▶ **Goal of the exercise**
Nothing but the lines from the one with "sink_main-Ends space exporter" through the final line of the entries below should be written out, each exactly as given.

*****

-- ===== src/Sink/Tracing.antt =====
-- services/sink/internal/tracing: the set-up of OpenTelemetry and the header carrier. The exporter
-- and the propagator are outside: the exporter's error for an address is an input.
use public_pg2mongo_cd_c.Base.{
  String, Bool, true, false, Option, none, some, List, [], ◌∷◌, ◌++◌, map, ◌==◌, if◌then◌else◌, ℕ,
  zero, suc, ◌≡◌, refl, ap, arith, Bool-cases, ◌∙◌, sym, inl, inr,
}
use public_pg2mongo_cd_c.Kgo.{RecordHeader}
use public_pg2mongo_cd_c.Mapper.Text.{cut_prefix}
use public_pg2mongo_cd_c.Tracing.{KafkaHeaderCarrier, Otel, provided, set_up}
use public_pg2mongo_cd_c.Tracing.{
  get as forward_get, set as forward_set, keys as forward_keys, replace, first_value, endpoint,
  init as forward_init,
}

abbrev trim_prefix : String → String → String
trim_prefix s p = elim (cut_prefix s p) [ some rest ↦ rest | none ↦ s ]

-- `Init`. `space` is `strings.TrimSpace`, and `exporter` answers with the error of `otlptrace.New`.
module _ {E : Type 0} (space : String → String) (exporter : String → Option E) where
  abbrev with_exporter : String → Otel → Option E → Otel × Option E
  with_exporter address o (some e) = (o, some e)
  with_exporter address o none = (record { propagator = true; provider = some address }, none)

  unfoldable pub init : String → Otel → Otel × Option E
  init variable o =
      if space variable == ""
      then (record o { propagator = true }, none)
      else let address = trim_prefix (trim_prefix (space variable) "http://") "https://" in
        with_exporter address o (exporter address)

-- `Get`: the first value for the key.
unfoldable pub get : String → KafkaHeaderCarrier → String
get k none = ""
get k (some []) = ""
get k (some (h ∷ hs)) = let rest = get k (some hs) in if h.key == k then h.value else rest

-- The index of the first header with the key.
unfoldable pub index_of : String → List RecordHeader → Option ℕ
index_of k [] = none
index_of k (h ∷ hs) =
    let rest = index_of k hs in
    if h.key == k then some 0 else elim rest [ none ↦ none | some i ↦ some (suc i) ]

-- The slice with another value at an index.
unfoldable pub set_value : ℕ → String → List RecordHeader → List RecordHeader
set_value i v [] = []
set_value zero v (h ∷ hs) = record h { value = v } ∷ hs
set_value (suc i) v (h ∷ hs) = h ∷ set_value i v hs

-- The slice with the value at the index, or with a header appended.
abbrev placed : String → String → List RecordHeader → Option ℕ → List RecordHeader
placed k v hs (some i) = set_value i v hs
placed k v hs none = hs ++ record { key = k; value = v } ∷ []

-- `Set`
unfoldable pub set : String → String → KafkaHeaderCarrier → KafkaHeaderCarrier
set k v none = none
set k v (some hs) = some (placed k v hs (index_of k hs))

-- `Keys`, none for nil.
unfoldable pub keys : KafkaHeaderCarrier → List String
keys none = []
keys (some hs) = map (λ (h : RecordHeader). h.key) hs

get-first_value : (k : String) (hs : List RecordHeader) → get k (some hs) ≡ first_value k hs
unfolding get first_value
get-first_value k [] = refl
get-first_value k (h ∷ hs) = ground (arith, get-first_value k hs)

placed-next :
    (k v : String) (h : RecordHeader) (hs : List RecordHeader) (o : Option ℕ)
    → placed k v (h ∷ hs) (elim o [ none ↦ none | some i ↦ some (suc i) ]) ≡ h ∷ placed k v hs o
unfolding set_value
placed-next k v h hs none = refl
placed-next k v h hs (some i) = refl

placed-replace :
    (k v : String) (hs : List RecordHeader) → placed k v hs (index_of k hs) ≡ replace k v hs
unfolding index_of replace set_value
placed-replace k v [] = refl
placed-replace k v (h ∷ hs) = elim (Bool-cases (h.key == k)) [
  | inl e ↦ rw e refl
  | inr e ↦ rw e (placed-next k v h hs (index_of k hs) ∙ ap (λ l. h ∷ l) (placed-replace k v hs))
]

module _ {E : Type 0} (space : String → String) (exporter : String → Option E) where
  with_exporter-provided :
      (address : String) (o : Otel) (e : Option E)
      → with_exporter space exporter address o e ≡ provided space exporter address o e
  with_exporter-provided address o none = refl
  with_exporter-provided address o (some e) = refl

  endpoint-eq :
      (variable : String)
      → endpoint space variable ≡ (
          if space variable == ""
          then none
          else some (trim_prefix (trim_prefix (space variable) "http://") "https://"))
  unfolding endpoint
  endpoint-eq variable = refl

  set_up-if :
      (b : Bool) (address : String) (o : Otel)
      → (if b
          then (record o { propagator = true }, none)
          else with_exporter space exporter address o (exporter address))
        ≡ set_up space exporter o (if b then none else some address)
  set_up-if true address o = refl
  set_up-if false address o = with_exporter-provided address o (exporter address)

  init-same :
      (variable : String) (o : Otel)
      → init space exporter variable o ≡ forward_init space exporter variable o
  unfolding init forward_init
  init-same variable o =
      set_up-if (space variable == "") _ o
      ∙ ap (set_up space exporter o) (sym (endpoint-eq variable))

  -- The tracing packages of the sink and of the transformer agree: Init leaves the same settings
  -- and returns the same error, and the header carriers get, set and list the same, a nil pointer
  -- included.
  pub copies_agree :
      (variable k v : String) (o : Otel) (c : KafkaHeaderCarrier)
      → (init space exporter variable o ≡ forward_init space exporter variable o)
        × (get k c ≡ forward_get k c)
        × (set k v c ≡ forward_set k v c)
        × (keys c ≡ forward_keys c)
  unfolding get forward_get set forward_set keys forward_keys
  copies_agree variable k v o none = (init-same variable o, refl, refl, refl)
  copies_agree variable k v o (some hs) =
      (init-same variable o, get-first_value k hs, ap (λ l. some l) (placed-replace k v hs), refl)
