-- ===== src/Writer/Batch.antt =====
-- mongo_writer.go: `ApplyBatch`, one bulk write for each collection, over any server.
pub mod Group
pub mod Effect
pub mod Tables
pub mod Redelivery
pub mod Drift
pub mod Deletes
pub mod Skips
use public_pg2mongo_cd_c.Base.{ℕ, ◌-◌, String, Bool, true, false, Option, none, some, ℤ}
use public_pg2mongo_cd_c.Base.{List, [], ◌∷◌, ◌++◌, length, ltb, eqb, ◌&&◌, if◌then◌else◌}
use public_pg2mongo_cd_c.Base.{Dict, lookup, insert}
use public_pg2mongo_cd_c.Writer.{
  CdcEvent, BuildError, BuildResult, ok, err, WriteModel, build_write_op,
}
use public_pg2mongo_cd_c.Writer.{to_mongo_model}
use public_pg2mongo_cd_c.Writer.Server.{
  Server, BulkReply, done, failed, DriverError, BulkException, Counts, acked_count, duplicate_key,
}

-- `bulkwrite table n`: the error names the collection and the number of models.
pub data WriterError : Type 0 where
  build_failed : BuildError → WriterError
  bulk_failed : String → ℕ → DriverError → WriterError

-- `MongoWriter`; `on_skip` says whether the callback is set.
pub record MongoWriter : Type 0 where
  pub schema_version : ℤ
  pub on_skip : Bool

abbrev all_duplicates : List ℕ → Bool
all_duplicates [] = true
all_duplicates (code ∷ codes) = eqb code duplicate_key && all_duplicates codes

abbrev only_duplicates : List ℕ → Bool
only_duplicates [] = false
only_duplicates (code ∷ codes) = all_duplicates (code ∷ codes)

-- `allDuplicateKey`
unfoldable pub all_duplicate_key : DriverError → Bool
all_duplicate_key e = elim e.bulk [ none ↦ false | some b ↦ only_duplicates b.codes ]

-- The models of one collection, in the order of their events.
abbrev pub models_of : Option (List WriteModel) → List WriteModel
models_of none = []
models_of (some ms) = ms

abbrev pub add_model : String → WriteModel → Dict (List WriteModel) → Dict (List WriteModel)
add_model table m groups = insert table (models_of (lookup table groups) ++ m ∷ []) groups

pub data Grouped : Type 0 where
  groups : Dict (List WriteModel) → Grouped
  failed_build : BuildError → Grouped

-- The first loop of `ApplyBatch`.
unfoldable pub group_events : ℤ → List CdcEvent → Dict (List WriteModel) → Grouped
group_events ver [] d = groups d
group_events ver (ev ∷ evs) d = elim (build_write_op ev ver) [
  | err e ↦ failed_build e
  | ok op ↦ group_events ver evs (add_model ev.table (to_mongo_model op) d)
]

module _ (S : Server) where
  -- The server, and the calls of `onSkip` so far.
  pub record World : Type 0 where
    pub store : S.State
    pub skips : List (String × ℕ)

  unfoldable pub record_skip : MongoWriter → String → ℕ → World → World
  record_skip m table n w =
      if m.on_skip && ltb 0 n then record w { skips = w.skips ++ (table, n) ∷ [] } else w

  abbrev skipped : List WriteModel → Counts → ℕ
  skipped models n = length models - acked_count n

  -- What `bulkWriteTable` does with the answer; spans are left out.
  abbrev after_bulk :
      MongoWriter → String → List WriteModel → World → BulkReply → World × Option WriterError
  after_bulk m table models w (failed e) =
      if all_duplicate_key e
      then (record_skip m table (length models) w, none)
      else (w, some (bulk_failed table (length models) e))
  after_bulk m table models w (done none) = (w, none)
  after_bulk m table models w (done (some n)) =
      if ltb 0 (skipped models n)
      then (record_skip m table (skipped models n) w, none)
      else (w, none)

  unfoldable pub bulk_write_table :
      MongoWriter → String → List WriteModel → World → World × Option WriterError
  bulk_write_table m table models w =
      let r = S.bulk_write w.store table models in
      after_bulk m table models (record w { store = r.0 }) r.1

  -- The second loop of `ApplyBatch`: the first error ends it.
  unfoldable pub write_tables :
      MongoWriter → Dict (List WriteModel) → World → World × Option WriterError
  write_tables m [] w = (w, none)
  write_tables m ((table, models) ∷ d) w =
      let r = bulk_write_table m table models w in
      let rest = write_tables m d r.0 in elim r.1 [ none ↦ rest | some e ↦ (r.0, some e) ]

  abbrev write_grouped :
      (Dict (List WriteModel) → Dict (List WriteModel))
      → MongoWriter
      → Grouped
      → World
      → World × Option WriterError
  write_grouped range m (failed_build e) w = (w, some (build_failed e))
  write_grouped range m (groups d) w = write_tables m (range d) w

  -- `range` is the order in which the run-time visits the map.
  unfoldable pub apply_batch :
      (Dict (List WriteModel) → Dict (List WriteModel))
      → MongoWriter
      → List CdcEvent
      → World
      → World × Option WriterError
  apply_batch range m [] w = (w, none)
  apply_batch range m (ev ∷ evs) w =
      write_grouped range m (group_events m.schema_version (ev ∷ evs) []) w

  -- `Apply`
  unfoldable pub apply :
      (Dict (List WriteModel) → Dict (List WriteModel))
      → MongoWriter
      → CdcEvent
      → World
      → World × Option WriterError
  apply range m ev w = apply_batch range m (ev ∷ []) w
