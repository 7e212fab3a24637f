-- ===== src/Sink/Main.antt =====
-- services/sink/cmd/sink: `main`, from the environment to the trace of what it opens and gives back.
-- The libraries' calls that may fail are inputs, as are `strings.Split` and the registry.
pub mod Start
use public_pg2mongo_cd_c.Base.{
  String, Bool, true, false, Option, none, some, ℤ, pos, List, [], ◌∷◌, ◌≡◌, refl, ◌==◌,
  if◌then◌else◌, ◌&&◌, ℕ,
}
use public_pg2mongo_cd_c.Sink.Env.{env, env_int}
use public_pg2mongo_cd_c.Sink.Tracing.{init}
use public_pg2mongo_cd_c.Tracing.{Otel}
use public_pg2mongo_cd_c.Metrics.{Registry, new, register_checkpoint, register_lag}
use public_pg2mongo_cd_c.Process.{Step, Action, acquire, must, launch, serve, run_from}
use public_pg2mongo_cd_c.Writer.Batch.{MongoWriter}
use public_pg2mongo_cd_c.Checkpoint.{Config as CheckpointConfig}
use public_pg2mongo_cd_c.Lag.{Config as LagConfig}
use public_pg2mongo_cd_c.Kafka.Options.{Opt, options}

-- What `main` reads from the environment, by `os.LookupEnv`.
pub record Settings : Type 0 where
  pub brokers : List String
  pub group_id : String
  pub topic_regex : String
  pub mongo_uri : String
  pub mongo_db : String
  pub metrics_addr : String
  pub schema_ver : ℤ

unfoldable pub settings : (String → String → List String) → (String → Option String) → Settings
settings split vars = record {
  brokers = split (env (vars "KAFKA_BROKERS") "kafka:29092") ",";
  group_id = env (vars "KAFKA_GROUP_ID") "zdt-sink";
  topic_regex = env (vars "KAFKA_TOPIC_REGEX") "^cdc\\..*";
  mongo_uri = env (vars "MONGO_URI") "mongodb://mongo:27017/?replicaSet=rs0";
  mongo_db = env (vars "MONGO_DB") "migration";
  metrics_addr = env (vars "METRICS_ADDR") ":8080";
  schema_ver = env_int (vars "SCHEMA_VERSION") (pos 1);
}

-- The parts that `main` puts together.
pub record Parts : Type 0 where
  pub writer : MongoWriter
  pub kafka : List Opt
  pub checkpoint : CheckpointConfig
  pub lag : LagConfig

unfoldable pub parts : Settings → Parts
parts s = record {
  writer = record { schema_version = s.schema_ver; on_skip = true };
  kafka = options s.brokers s.group_id s.topic_regex;
  checkpoint = record {
    group_id = s.group_id;
    interval = pos 10_000_000_000;
    flush_timeout = pos 5_000_000_000;
    heartbeat_every = pos 0;
  };
  lag = record {
    group_id = s.group_id;
    interval = pos 30_000_000_000;
    probe_timeout = pos 5_000_000_000;
  };
}

-- What `main` defers the release of; `checkpointer` stands for the final flush.
pub data Resource : Type 0 where
  signals tracing mongo metrics_server kafka_client checkpointer : Resource

abbrev pub has_some {ℓ} : {A : Type ℓ} → Option A → Bool
has_some none = false
has_some (some x) = true

-- `os.Getenv`
abbrev pub text_of : Option String → String
text_of none = ""
text_of (some v) = v

abbrev pub is_none : {A : Type 0} → Option A → Bool
is_none none = true
is_none (some e) = false

-- The answers of the libraries: the errors of connecting to MongoDB and of the Kafka client.
module _ {E : Type 0} (space : String → String) (exporter : String → Option E) (P : Registry) where
  abbrev pub steps : (String → Option String) → Otel → Option E → Option E → List (Step Resource)
  steps vars o mongo_error kafka_error =
      acquire signals true
      ∷ acquire tracing
          (is_none (init space exporter (text_of (vars "OTEL_EXPORTER_OTLP_ENDPOINT")) o).1)
      ∷ acquire mongo (is_none mongo_error)
      ∷ must (has_some (new P))
      ∷ launch "metrics server"
      ∷ acquire metrics_server true
      ∷ acquire kafka_client (is_none kafka_error)
      ∷ must (has_some (register_checkpoint P (new P)))
      ∷ launch "checkpointer"
      ∷ must (has_some (register_lag P (register_checkpoint P (new P))))
      ∷ launch "lag probe"
      ∷ acquire checkpointer true
      ∷ serve
      ∷ []

  unfoldable pub main :
      (String → Option String) → Otel → Option E → Option E → List (Action Resource)
  main vars o mongo_error kafka_error = run_from Resource [] (steps vars o mongo_error kafka_error)
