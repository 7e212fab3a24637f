-- ===== src/Sink/Main/Start.antt =====
-- What `main` of the sink makes sure of, whatever its environment and whatever fails.
use public_pg2mongo_cd_c.Base.{
  String, Bool, true, false, Option, none, some, pos, List, [], ◌∷◌, ◌≡◌, refl, ap, ◌==◌, ◌&&◌,
  ◌≤ℤ◌, In, inl, inr, arith, Bool-cases, str_dec,
}
use public_pg2mongo_cd_c.Decoder.Number.{IsInt64}
use public_pg2mongo_cd_c.Sink.Env.{env, env_int-IsInt64}
use public_pg2mongo_cd_c.Sink.Tracing.{init}
use public_pg2mongo_cd_c.Tracing.{Otel}
use public_pg2mongo_cd_c.Metrics.{
  Registry, Collector, must_register, new, register_checkpoint, register_lag,
}
use public_pg2mongo_cd_c.Metrics.Names.{RegistryLaws, new-registers}
use public_pg2mongo_cd_c.Process.{
  Ends, Step, acquire, must, launch, serve, run_from, closings, stopped_at, was_served, unwind,
  after_served,
}
use public_pg2mongo_cd_c.Kafka.Options.{options, consumer_group, disable_auto_commit}
use public_pg2mongo_cd_c.Checkpoint.{with_defaults}
use public_pg2mongo_cd_c.Lag.{new as new_probe}
use public_pg2mongo_cd_c.Sink.Main.{
  settings, parts, Resource, signals, tracing, mongo, metrics_server, kafka_client, checkpointer,
  main, is_none, text_of, has_some,
}

env-nonempty : (o : Option String) (d : String) → (d == "") ≡ false → (env o d == "") ≡ false
env-nonempty none d h = h
env-nonempty (some v) d h = elim (Bool-cases (v == "")) [ inl e ↦ rw e h | inr e ↦ rw e e ]

-- The parts that `main` configures are for one consumer group, whatever the environment: the one that
-- the client joins, that the checkpoint is kept for and that the lag is probed for. The schema
-- version fits 64 bits, the client does not commit on its own, and a flush and a probe end before
-- the next is due.
parts_agree :
    (split : String → String → List String) (vars : String → Option String)
    → let s = settings split vars in
      let p = parts s in
      In (consumer_group s.group_id) p.kafka
      × ((with_defaults p.checkpoint).group_id ≡ s.group_id)
      × ((new_probe p.lag).group_id ≡ s.group_id)
      × IsInt64 p.writer.schema_version
      × In disable_auto_commit p.kafka
      × ((with_defaults p.checkpoint).flush_timeout ≤ℤ (with_defaults p.checkpoint).interval)
      × ((new_probe p.lag).probe_to ≤ℤ (new_probe p.lag).interval)
unfolding settings parts options with_defaults new_probe
parts_agree split vars = (
  inr (inl refl),
  rw (env-nonempty (vars "KAFKA_GROUP_ID") "zdt-sink" (unfold str_dec in refl)) refl,
  refl,
  env_int-IsInt64 (vars "SCHEMA_VERSION") (pos 1) (omega arith, omega arith),
  inr (inr (inr (inr (inl refl)))),
  omega arith,
  omega arith,
)

module _ (P : Registry) (L : RegistryLaws P) where
  had_some :
      (cs : List Collector) (o : Option P.State)
      → has_some (must_register P cs o) ≡ true
      → has_some o ≡ true
  unfolding must_register
  had_some [] o h = h
  had_some (c ∷ cs) none h = h
  had_some (c ∷ cs) (some s) h = refl

  all_registered :
      (has_some (new P) ≡ true)
      × (has_some (register_checkpoint P (new P)) ≡ true)
      × (has_some (register_lag P (register_checkpoint P (new P))) ≡ true)
  all_registered =
      let (s, e) = new-registers P L in
      let last : has_some (register_lag P (register_checkpoint P (new P))) ≡ true = ap has_some e in
      let third : has_some (register_checkpoint P (new P)) ≡ true =
        unfold register_lag in had_some _ _ (had_some _ _ last) in
      (unfold register_checkpoint in had_some _ _ third, third, last)

  -- The trace of `main`, by what succeeds.
  abbrev plan : Bool → Bool → Bool → Bool → Bool → Bool → List (Step Resource)
  plan traced connected registered joined checkpoint_registered lag_registered =
      acquire signals true
      ∷ acquire tracing traced
      ∷ acquire mongo connected
      ∷ must registered
      ∷ launch "metrics server"
      ∷ acquire metrics_server true
      ∷ acquire kafka_client joined
      ∷ must checkpoint_registered
      ∷ launch "checkpointer"
      ∷ must lag_registered
      ∷ launch "lag probe"
      ∷ acquire checkpointer true
      ∷ serve
      ∷ []

  -- What `main` gives back after its loop, in this order.
  abbrev pub given_back : List Resource
  given_back = checkpointer ∷ kafka_client ∷ metrics_server ∷ mongo ∷ tracing ∷ signals ∷ []

  plan-Ends :
      (traced connected joined : Bool)
      → Ends Resource given_back
          (traced && connected && joined)
          (run_from Resource [] (plan traced connected true joined true true))
  unfolding run_from was_served closings stopped_at unwind after_served
  plan-Ends false connected joined = (refl, refl, refl, (λ e. cc, λ e. cc))
  plan-Ends true false joined = (refl, refl, refl, (λ e. cc, λ e. cc))
  plan-Ends true true false = (refl, refl, refl, (λ e. cc, λ e. cc))
  plan-Ends true true true = (refl, refl, refl, (λ e. refl, λ e. refl))

  -- Whatever the environment and whichever of the tracing exporter, MongoDB and Kafka fail to open,
  -- no registration of a metric panics, and the sink serves if and only if all three open. Then all
  -- that it does after its loop, and nowhere else, is to flush the checkpoint and close the Kafka
  -- client, the metrics server, MongoDB, tracing and the signals, in this order. Otherwise the
  -- process ends and closes nothing. A collector with free names is registered.
  pub sink_main-Ends :
      {E : Type 0} (space : String → String) (exporter : String → Option E)
      (vars : String → Option String) (o : Otel) (mongo_error kafka_error : Option E)
      → Ends Resource given_back
          (is_none (init space exporter (text_of (vars "OTEL_EXPORTER_OTLP_ENDPOINT")) o).1
            && is_none mongo_error
            && is_none kafka_error)
          (main space exporter P vars o mongo_error kafka_error)
  unfolding main
  sink_main-Ends space exporter vars o mongo_error kafka_error =
      let (m, c, l) = all_registered in
      rw (m, c, l) (plan-Ends _ (is_none mongo_error) (is_none kafka_error))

*****

▶ **Solved problem**
  sink_main-Ends space exporter vars o mongo_error kafka_error =
      let (m, c, l) = all_registered in
      rw (m, c, l) (plan-Ends _ (is_none mongo_error) (is_none kafka_error))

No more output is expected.